--- Record extracts ---
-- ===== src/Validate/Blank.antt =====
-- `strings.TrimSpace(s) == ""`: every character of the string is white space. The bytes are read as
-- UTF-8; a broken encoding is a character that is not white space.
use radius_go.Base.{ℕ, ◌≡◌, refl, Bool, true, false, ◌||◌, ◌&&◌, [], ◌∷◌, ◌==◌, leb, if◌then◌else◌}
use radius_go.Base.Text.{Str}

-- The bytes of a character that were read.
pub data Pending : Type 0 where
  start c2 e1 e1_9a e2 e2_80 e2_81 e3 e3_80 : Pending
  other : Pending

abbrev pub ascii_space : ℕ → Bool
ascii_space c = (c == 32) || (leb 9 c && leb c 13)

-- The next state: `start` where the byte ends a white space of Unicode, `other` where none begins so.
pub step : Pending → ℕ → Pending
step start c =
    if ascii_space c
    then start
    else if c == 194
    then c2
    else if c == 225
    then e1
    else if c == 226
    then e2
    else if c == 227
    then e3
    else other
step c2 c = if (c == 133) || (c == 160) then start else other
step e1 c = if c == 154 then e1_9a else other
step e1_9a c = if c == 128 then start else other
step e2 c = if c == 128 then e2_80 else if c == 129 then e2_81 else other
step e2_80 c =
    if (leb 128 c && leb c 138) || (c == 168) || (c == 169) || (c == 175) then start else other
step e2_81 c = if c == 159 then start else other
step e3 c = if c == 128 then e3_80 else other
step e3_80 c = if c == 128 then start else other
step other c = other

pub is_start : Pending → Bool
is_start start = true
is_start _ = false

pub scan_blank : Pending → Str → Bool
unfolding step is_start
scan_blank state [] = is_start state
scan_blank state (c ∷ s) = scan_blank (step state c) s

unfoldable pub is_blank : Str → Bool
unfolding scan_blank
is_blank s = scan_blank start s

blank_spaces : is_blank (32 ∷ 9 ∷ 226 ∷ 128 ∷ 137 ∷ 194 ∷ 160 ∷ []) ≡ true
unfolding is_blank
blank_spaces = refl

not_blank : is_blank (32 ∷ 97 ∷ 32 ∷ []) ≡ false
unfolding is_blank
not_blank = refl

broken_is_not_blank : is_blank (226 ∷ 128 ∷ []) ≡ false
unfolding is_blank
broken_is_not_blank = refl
---
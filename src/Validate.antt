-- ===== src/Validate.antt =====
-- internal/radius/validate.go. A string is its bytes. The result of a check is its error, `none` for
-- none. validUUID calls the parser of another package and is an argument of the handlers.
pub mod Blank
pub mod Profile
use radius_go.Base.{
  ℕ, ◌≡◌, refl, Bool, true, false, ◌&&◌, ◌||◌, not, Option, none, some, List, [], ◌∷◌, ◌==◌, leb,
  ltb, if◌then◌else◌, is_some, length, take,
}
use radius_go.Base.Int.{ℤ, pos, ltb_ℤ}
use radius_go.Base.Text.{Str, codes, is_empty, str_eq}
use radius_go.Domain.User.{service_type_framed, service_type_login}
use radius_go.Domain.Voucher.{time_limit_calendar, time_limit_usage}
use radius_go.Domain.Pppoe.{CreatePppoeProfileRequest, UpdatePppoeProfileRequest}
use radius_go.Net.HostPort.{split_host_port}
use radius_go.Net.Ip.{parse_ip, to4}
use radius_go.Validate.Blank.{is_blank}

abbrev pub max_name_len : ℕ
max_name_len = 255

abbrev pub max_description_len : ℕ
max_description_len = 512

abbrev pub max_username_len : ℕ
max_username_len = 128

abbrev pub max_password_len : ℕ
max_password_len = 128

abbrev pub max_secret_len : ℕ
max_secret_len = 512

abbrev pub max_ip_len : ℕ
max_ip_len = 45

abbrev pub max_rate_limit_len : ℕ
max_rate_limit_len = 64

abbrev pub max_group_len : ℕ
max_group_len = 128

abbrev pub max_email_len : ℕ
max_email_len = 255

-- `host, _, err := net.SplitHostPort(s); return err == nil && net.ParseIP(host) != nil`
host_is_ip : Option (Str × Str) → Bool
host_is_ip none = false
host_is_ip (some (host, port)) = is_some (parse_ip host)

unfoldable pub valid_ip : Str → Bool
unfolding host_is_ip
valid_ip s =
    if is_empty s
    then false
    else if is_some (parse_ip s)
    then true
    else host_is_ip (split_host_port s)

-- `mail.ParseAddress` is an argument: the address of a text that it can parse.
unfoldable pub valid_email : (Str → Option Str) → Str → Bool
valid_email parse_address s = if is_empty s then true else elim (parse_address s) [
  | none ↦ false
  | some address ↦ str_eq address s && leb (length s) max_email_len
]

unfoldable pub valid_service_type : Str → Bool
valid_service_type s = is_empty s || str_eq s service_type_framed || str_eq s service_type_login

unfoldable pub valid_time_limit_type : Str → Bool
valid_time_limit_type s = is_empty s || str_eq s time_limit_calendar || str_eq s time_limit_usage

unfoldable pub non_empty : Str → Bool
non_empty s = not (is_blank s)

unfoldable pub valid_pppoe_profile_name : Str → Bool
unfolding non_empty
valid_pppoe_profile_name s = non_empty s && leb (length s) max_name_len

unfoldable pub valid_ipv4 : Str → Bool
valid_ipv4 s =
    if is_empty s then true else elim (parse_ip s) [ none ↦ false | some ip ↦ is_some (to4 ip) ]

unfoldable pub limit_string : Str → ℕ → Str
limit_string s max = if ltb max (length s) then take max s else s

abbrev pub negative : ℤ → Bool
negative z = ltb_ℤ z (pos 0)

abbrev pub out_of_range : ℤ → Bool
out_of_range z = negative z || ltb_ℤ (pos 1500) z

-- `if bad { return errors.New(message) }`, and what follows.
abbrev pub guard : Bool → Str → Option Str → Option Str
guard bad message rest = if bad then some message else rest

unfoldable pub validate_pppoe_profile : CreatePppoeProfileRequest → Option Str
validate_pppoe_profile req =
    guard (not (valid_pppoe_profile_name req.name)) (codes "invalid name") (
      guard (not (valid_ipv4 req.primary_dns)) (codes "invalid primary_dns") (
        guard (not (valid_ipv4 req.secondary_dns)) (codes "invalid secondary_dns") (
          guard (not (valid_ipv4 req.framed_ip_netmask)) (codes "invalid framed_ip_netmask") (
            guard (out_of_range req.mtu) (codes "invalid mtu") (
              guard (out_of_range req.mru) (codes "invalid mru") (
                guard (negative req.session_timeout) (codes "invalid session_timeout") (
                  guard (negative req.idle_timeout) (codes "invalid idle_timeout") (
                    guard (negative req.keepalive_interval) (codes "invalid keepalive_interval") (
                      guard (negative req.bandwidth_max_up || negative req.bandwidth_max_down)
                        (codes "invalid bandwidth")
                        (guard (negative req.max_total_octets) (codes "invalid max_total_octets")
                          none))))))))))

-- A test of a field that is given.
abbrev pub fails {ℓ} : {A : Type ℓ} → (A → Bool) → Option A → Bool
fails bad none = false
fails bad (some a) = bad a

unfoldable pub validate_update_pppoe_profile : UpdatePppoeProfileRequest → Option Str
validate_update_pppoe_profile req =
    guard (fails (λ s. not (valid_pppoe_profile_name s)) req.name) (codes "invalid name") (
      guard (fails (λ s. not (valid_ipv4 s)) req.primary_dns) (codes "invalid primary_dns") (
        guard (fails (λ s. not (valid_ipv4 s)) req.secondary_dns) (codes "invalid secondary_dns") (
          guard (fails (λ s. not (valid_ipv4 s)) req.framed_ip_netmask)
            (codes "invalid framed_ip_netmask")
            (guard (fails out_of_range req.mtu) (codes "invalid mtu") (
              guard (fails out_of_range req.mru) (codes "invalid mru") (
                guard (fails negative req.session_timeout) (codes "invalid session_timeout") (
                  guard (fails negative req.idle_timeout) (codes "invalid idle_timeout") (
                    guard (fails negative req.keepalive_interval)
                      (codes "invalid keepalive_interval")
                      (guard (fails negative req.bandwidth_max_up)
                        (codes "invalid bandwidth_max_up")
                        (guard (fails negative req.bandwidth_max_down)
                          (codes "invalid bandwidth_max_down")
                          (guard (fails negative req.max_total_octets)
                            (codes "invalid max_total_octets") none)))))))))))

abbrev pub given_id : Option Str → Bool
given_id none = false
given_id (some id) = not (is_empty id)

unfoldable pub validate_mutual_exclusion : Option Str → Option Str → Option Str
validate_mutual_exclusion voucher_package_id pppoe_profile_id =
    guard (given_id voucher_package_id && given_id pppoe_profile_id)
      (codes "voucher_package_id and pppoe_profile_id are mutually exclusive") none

--- About this exercise ---
The exact lines of the material above starting at the one that contains "given_id none = false" and ending at the one that contains "and pppoe_profile_id are" are what to retype; leave out everything else.

--- Task output ---
given_id none = false
given_id (some id) = not (is_empty id)

unfoldable pub validate_mutual_exclusion : Option Str → Option Str → Option Str
validate_mutual_exclusion voucher_package_id pppoe_profile_id =
    guard (given_id voucher_package_id && given_id pppoe_profile_id)
      (codes "voucher_package_id and pppoe_profile_id are mutually exclusive") none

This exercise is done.